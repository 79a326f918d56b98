-- ===== src/Message/Markup.antt =====
-- The markup of the messages.
use x_sticker_bot.Base.{ℕ, refl, Option, none, some, List, [], ◌∷◌, ◌++◌, Bytes, codes, All, ◌∙◌}
use x_sticker_bot.Base.Decimal.{decimal}
use x_sticker_bot.Base.Html.{
  escape_string, read, in_text, IsNeutral, IsMarkup, IsPlain, append-IsNeutral,
  escape_string-IsNeutral, plain-IsNeutral, decimal-IsNeutral, read-append,
}
use x_sticker_bot.Message.{
  joined, start_message, about_message, offer_whole_set_download, process_started, fraction,
  download_progress, partial_download, fatal_error, document_upload_failed, server_busy, user_busy,
  send_sticker_hint,
}

pub joined-IsNeutral : (ls : List Bytes) → All IsNeutral ls → IsNeutral (joined ls)
unfolding joined read
joined-IsNeutral [] h opened = refl
joined-IsNeutral (l ∷ []) h opened = h.0 opened
joined-IsNeutral (l ∷ m ∷ ls) h opened =
    append-IsNeutral l (10 ∷ joined (m ∷ ls)) h.0 (joined-IsNeutral (m ∷ ls) h.1) opened

-- An element with a neutral text in it.
pub code-IsNeutral :
    (s : Bytes) → IsNeutral s → IsNeutral (codes "<code>" ++ (s ++ codes "</code>"))
unfolding read
code-IsNeutral s h opened =
    rw
      (
        read-append (some (in_text, codes "code" ∷ opened)) s (codes "</code>"),
        h (codes "code" ∷ opened),
      )
      refl

fraction-IsNeutral : (n total : ℕ) → IsNeutral (fraction n total)
unfolding read
fraction-IsNeutral n total =
    append-IsNeutral (decimal n) (b'/' ∷ decimal total) (decimal-IsNeutral n)
      (λ opened. decimal-IsNeutral total opened)

start_message-IsNeutral : IsNeutral start_message
unfolding start_message read
start_message-IsNeutral opened = refl

-- The error's text adds no markup.
pub fatal_error-IsNeutral : (err : Option Bytes) → IsNeutral (fatal_error err)
unfolding fatal_error read
fatal_error-IsNeutral none opened = refl
fatal_error-IsNeutral (some e) opened =
    let inside : List Bytes = codes "code" ∷ opened in
    read-append (some (in_text, inside)) (escape_string e) (codes "</code>")
    ∙ rw (escape_string-IsNeutral e inside) refl

about_message-IsNeutral : (version : Bytes) → IsPlain version → IsNeutral (about_message version)
unfolding about_message read
about_message-IsNeutral version h opened =
    let inside : List Bytes = codes "code" ∷ opened in
    read-append (some (in_text, inside)) (version ++ codes "</code>") _
    ∙ rw
        (
          read-append (some (in_text, inside)) version (codes "</code>"),
          plain-IsNeutral version h inside,
        )
        refl

download_progress-IsNeutral : (n total : ℕ) → IsNeutral (download_progress n total)
unfolding download_progress read
download_progress-IsNeutral n total =
    let f = fraction-IsNeutral n total in
    let ls : List Bytes =
      (codes "Downloading stickers... " ++ fraction n total)
      ∷ (codes "下载贴纸中... " ++ fraction n total)
      ∷ [] in
    joined-IsNeutral ls ((λ opened. f opened), ((λ opened. f opened), tt))

partial_download-IsNeutral : (n total : ℕ) → IsNeutral (partial_download n total)
unfolding partial_download read
partial_download-IsNeutral n total =
    let f = fraction n total in
    let rest : Bytes = codes " stickers. Some failed, sending available ones." in
    let rest' : Bytes = codes " 张贴纸，部分失败，发送已成功的文件。" in
    let ls : List Bytes =
      (codes "Downloaded " ++ (f ++ rest)) ∷ (codes "已下载 " ++ (f ++ rest')) ∷ [] in
    joined-IsNeutral ls (
      (λ opened. append-IsNeutral f rest (fraction-IsNeutral n total) (λ o. refl) opened),
      ((λ opened. append-IsNeutral f rest' (fraction-IsNeutral n total) (λ o. refl) opened), tt),
    )

-- Telegram takes every text of the package as HTML: tags are those it knows and are closed in order,
-- and no other character begins one; whatever the numbers are and whatever the text of an error
-- contains. (The version in AboutMessage has no markup in it.)
pub messages-IsMarkup :
    (version : Bytes) (err : Option Bytes) (n total : ℕ)
    → IsPlain version
    → IsMarkup start_message
      × IsMarkup (about_message version)
      × IsMarkup offer_whole_set_download.0
      × IsMarkup process_started
      × IsMarkup (download_progress n total)
      × IsMarkup (partial_download n total)
      × IsMarkup (fatal_error err)
      × IsMarkup document_upload_failed
      × IsMarkup server_busy
      × IsMarkup user_busy
      × IsMarkup send_sticker_hint
unfolding offer_whole_set_download process_started document_upload_failed server_busy user_busy
    send_sticker_hint read
messages-IsMarkup version err n total h = (
  start_message-IsNeutral [],
  about_message-IsNeutral version h [],
  refl,
  refl,
  download_progress-IsNeutral n total [],
  partial_download-IsNeutral n total [],
  fatal_error-IsNeutral err [],
  refl,
  refl,
  refl,
  refl,
)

● ● ●

> **What you need to do**: Using the data above, reproduce exactly the lines between those holding "joined-IsNeutral ls ((λ" and "let rest' : Bytes", inclusive, and no others.

> **Result for this exercise**:
    joined-IsNeutral ls ((λ opened. f opened), ((λ opened. f opened), tt))

partial_download-IsNeutral : (n total : ℕ) → IsNeutral (partial_download n total)
unfolding partial_download read
partial_download-IsNeutral n total =
    let f = fraction n total in
    let rest : Bytes = codes " stickers. Some failed, sending available ones." in
    let rest' : Bytes = codes " 张贴纸，部分失败，发送已成功的文件。" in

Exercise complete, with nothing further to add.